Data extracted from a collection
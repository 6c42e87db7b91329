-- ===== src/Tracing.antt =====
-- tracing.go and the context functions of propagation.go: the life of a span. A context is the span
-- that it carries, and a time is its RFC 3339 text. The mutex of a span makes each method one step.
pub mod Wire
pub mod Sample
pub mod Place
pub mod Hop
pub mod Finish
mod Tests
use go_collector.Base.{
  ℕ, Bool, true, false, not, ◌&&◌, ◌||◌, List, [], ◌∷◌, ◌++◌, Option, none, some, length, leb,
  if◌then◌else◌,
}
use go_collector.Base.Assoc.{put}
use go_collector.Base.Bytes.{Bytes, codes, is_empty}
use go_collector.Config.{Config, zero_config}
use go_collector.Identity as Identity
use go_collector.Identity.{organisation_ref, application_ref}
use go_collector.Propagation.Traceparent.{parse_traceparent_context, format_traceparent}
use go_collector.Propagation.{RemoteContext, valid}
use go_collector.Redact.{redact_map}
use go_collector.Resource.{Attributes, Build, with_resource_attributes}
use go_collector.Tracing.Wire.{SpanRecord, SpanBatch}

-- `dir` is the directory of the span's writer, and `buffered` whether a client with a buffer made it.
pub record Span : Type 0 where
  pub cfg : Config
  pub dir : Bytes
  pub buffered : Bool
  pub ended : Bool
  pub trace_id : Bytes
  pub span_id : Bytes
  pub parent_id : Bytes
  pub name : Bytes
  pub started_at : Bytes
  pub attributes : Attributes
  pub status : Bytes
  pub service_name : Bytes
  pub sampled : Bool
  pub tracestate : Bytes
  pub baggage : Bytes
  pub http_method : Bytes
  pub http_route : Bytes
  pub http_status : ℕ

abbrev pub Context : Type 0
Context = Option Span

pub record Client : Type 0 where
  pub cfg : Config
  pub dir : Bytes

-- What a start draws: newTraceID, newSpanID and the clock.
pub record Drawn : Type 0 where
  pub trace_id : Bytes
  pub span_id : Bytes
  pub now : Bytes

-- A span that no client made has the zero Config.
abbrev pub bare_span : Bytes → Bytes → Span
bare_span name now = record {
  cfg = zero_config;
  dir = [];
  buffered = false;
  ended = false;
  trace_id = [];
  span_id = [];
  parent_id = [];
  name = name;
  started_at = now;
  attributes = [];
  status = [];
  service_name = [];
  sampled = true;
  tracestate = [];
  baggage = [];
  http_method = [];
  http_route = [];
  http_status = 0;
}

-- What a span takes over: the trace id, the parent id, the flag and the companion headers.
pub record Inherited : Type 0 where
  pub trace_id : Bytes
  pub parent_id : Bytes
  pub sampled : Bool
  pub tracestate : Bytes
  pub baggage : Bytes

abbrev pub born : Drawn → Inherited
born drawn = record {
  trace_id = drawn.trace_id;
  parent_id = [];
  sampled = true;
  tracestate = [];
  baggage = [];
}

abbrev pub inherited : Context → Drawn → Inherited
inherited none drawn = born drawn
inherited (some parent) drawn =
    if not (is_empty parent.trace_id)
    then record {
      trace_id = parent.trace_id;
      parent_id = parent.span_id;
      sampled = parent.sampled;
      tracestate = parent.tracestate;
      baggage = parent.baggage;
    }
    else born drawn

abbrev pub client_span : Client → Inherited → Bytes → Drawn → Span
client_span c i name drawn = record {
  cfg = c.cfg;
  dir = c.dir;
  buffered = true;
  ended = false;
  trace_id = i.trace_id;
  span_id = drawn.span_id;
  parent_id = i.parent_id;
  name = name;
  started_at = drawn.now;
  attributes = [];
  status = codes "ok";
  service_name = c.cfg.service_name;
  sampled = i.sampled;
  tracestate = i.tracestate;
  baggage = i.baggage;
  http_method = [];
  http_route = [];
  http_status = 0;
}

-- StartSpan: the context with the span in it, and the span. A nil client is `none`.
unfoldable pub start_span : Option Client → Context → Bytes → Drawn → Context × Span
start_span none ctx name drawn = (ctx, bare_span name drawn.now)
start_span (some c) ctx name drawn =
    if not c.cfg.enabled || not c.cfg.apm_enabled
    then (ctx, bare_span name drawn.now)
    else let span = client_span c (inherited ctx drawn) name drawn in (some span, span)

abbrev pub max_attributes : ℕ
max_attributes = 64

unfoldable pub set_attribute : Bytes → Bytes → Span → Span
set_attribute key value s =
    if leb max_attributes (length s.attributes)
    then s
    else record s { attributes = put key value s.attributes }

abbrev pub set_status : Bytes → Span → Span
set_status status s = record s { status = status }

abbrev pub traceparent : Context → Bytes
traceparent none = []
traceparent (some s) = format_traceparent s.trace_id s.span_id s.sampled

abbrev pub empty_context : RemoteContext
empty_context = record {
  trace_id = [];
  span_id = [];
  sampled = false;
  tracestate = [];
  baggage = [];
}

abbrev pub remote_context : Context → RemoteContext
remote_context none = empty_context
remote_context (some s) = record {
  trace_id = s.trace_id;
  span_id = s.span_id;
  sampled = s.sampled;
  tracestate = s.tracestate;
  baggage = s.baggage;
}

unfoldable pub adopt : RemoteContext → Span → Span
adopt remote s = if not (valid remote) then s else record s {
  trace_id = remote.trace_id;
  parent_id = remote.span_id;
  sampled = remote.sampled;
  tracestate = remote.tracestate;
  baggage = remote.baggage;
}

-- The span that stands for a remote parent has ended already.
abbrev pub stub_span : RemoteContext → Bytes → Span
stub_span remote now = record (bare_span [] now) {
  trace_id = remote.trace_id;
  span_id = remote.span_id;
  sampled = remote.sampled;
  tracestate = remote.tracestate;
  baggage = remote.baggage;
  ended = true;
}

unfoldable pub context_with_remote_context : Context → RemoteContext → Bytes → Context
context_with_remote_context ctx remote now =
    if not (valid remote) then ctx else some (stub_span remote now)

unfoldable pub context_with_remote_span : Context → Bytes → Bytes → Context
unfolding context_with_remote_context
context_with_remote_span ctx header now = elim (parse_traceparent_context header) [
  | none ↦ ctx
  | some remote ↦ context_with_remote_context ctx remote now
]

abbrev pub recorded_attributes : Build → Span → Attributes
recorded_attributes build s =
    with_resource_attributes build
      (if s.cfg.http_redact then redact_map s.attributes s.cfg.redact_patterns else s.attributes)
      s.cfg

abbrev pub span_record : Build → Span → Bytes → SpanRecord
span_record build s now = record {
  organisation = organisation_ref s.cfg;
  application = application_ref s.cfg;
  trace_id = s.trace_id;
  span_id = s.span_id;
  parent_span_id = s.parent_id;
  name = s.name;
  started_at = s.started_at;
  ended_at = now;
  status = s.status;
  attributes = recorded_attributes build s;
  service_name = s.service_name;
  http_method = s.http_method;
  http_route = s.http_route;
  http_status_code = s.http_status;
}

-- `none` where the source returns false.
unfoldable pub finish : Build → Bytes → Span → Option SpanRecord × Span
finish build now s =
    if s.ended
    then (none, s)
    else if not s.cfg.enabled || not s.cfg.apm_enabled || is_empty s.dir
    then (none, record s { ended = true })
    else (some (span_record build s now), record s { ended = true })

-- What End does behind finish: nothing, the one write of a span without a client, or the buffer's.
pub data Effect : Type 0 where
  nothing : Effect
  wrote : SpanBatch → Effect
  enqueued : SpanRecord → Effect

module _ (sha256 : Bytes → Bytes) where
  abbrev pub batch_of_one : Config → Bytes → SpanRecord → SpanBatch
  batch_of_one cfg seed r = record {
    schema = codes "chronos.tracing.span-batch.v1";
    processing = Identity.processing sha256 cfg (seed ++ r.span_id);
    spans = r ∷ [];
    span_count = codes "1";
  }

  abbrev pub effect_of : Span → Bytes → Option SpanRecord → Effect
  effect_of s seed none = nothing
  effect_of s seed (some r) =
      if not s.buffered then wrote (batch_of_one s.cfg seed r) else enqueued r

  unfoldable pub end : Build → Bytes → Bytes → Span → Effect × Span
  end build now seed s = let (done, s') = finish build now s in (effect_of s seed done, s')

== Problem statement ==
If a line in the records includes the string "length", copy it.

== Completed exercise ==
  ℕ, Bool, true, false, not, ◌&&◌, ◌||◌, List, [], ◌∷◌, ◌++◌, Option, none, some, length, leb,
    if leb max_attributes (length s.attributes)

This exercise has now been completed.